PROBLEM DESCRIPTION → Look below. Copy each line that has "comparison" in it.

START PROVIDED DATA

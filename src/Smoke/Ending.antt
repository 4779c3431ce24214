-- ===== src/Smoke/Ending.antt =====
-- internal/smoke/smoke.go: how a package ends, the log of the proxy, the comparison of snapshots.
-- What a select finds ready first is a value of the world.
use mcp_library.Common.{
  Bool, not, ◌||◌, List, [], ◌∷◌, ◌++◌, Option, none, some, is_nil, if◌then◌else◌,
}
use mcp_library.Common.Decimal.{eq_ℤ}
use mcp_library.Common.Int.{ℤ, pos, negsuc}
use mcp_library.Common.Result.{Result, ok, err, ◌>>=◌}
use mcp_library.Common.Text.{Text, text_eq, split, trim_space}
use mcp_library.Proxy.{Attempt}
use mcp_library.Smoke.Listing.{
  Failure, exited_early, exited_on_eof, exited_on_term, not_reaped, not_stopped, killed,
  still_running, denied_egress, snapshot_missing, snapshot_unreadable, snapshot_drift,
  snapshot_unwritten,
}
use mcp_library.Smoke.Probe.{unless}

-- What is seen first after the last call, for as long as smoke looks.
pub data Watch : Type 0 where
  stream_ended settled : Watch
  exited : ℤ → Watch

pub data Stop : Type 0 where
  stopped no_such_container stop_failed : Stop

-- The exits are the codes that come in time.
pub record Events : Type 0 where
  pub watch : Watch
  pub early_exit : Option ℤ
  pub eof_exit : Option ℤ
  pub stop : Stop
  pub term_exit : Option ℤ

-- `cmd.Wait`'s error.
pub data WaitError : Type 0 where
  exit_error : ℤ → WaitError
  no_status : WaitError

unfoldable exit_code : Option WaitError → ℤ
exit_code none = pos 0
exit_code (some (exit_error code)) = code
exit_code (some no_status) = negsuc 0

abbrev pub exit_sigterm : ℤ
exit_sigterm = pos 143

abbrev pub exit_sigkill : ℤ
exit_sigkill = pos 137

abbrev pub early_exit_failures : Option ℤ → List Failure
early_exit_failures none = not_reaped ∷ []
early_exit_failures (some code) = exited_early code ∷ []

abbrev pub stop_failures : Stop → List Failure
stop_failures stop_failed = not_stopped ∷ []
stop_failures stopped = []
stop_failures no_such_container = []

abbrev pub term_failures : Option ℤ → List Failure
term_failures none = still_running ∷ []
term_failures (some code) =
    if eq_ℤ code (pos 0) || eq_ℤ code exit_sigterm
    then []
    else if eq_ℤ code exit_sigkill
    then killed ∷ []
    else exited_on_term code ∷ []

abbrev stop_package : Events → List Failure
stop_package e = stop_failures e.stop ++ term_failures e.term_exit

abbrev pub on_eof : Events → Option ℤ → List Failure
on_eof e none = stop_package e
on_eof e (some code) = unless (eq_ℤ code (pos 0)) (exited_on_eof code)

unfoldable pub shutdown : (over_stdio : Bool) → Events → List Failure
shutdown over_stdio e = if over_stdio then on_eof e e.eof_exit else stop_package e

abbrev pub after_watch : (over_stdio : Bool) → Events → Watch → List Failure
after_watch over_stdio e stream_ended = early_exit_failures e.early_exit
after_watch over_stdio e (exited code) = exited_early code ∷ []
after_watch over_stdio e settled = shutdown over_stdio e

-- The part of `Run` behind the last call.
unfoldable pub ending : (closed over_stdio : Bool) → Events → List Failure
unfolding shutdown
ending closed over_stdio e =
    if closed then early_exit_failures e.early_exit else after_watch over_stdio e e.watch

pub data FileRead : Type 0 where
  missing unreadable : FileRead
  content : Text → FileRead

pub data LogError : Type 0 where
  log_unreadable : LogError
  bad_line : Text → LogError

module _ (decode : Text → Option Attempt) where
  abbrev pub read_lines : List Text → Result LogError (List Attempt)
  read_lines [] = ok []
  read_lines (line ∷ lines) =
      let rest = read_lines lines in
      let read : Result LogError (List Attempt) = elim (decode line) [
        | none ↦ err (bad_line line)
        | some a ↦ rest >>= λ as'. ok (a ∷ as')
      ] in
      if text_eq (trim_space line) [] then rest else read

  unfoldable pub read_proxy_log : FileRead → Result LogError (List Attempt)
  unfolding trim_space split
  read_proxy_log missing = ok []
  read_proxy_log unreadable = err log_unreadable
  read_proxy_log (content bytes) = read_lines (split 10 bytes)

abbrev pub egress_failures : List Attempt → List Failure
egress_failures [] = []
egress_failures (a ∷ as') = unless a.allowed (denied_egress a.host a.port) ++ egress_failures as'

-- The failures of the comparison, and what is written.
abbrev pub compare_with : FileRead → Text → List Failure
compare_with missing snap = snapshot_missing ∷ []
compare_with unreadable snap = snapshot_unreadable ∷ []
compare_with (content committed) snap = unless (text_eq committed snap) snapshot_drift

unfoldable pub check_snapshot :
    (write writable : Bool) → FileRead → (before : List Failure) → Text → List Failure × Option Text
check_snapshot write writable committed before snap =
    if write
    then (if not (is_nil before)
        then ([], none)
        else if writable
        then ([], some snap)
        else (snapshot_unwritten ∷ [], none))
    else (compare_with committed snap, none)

END PROVIDED DATA

SOLUTION TO THE PROBLEM →
-- internal/smoke/smoke.go: how a package ends, the log of the proxy, the comparison of snapshots.
-- The failures of the comparison, and what is written.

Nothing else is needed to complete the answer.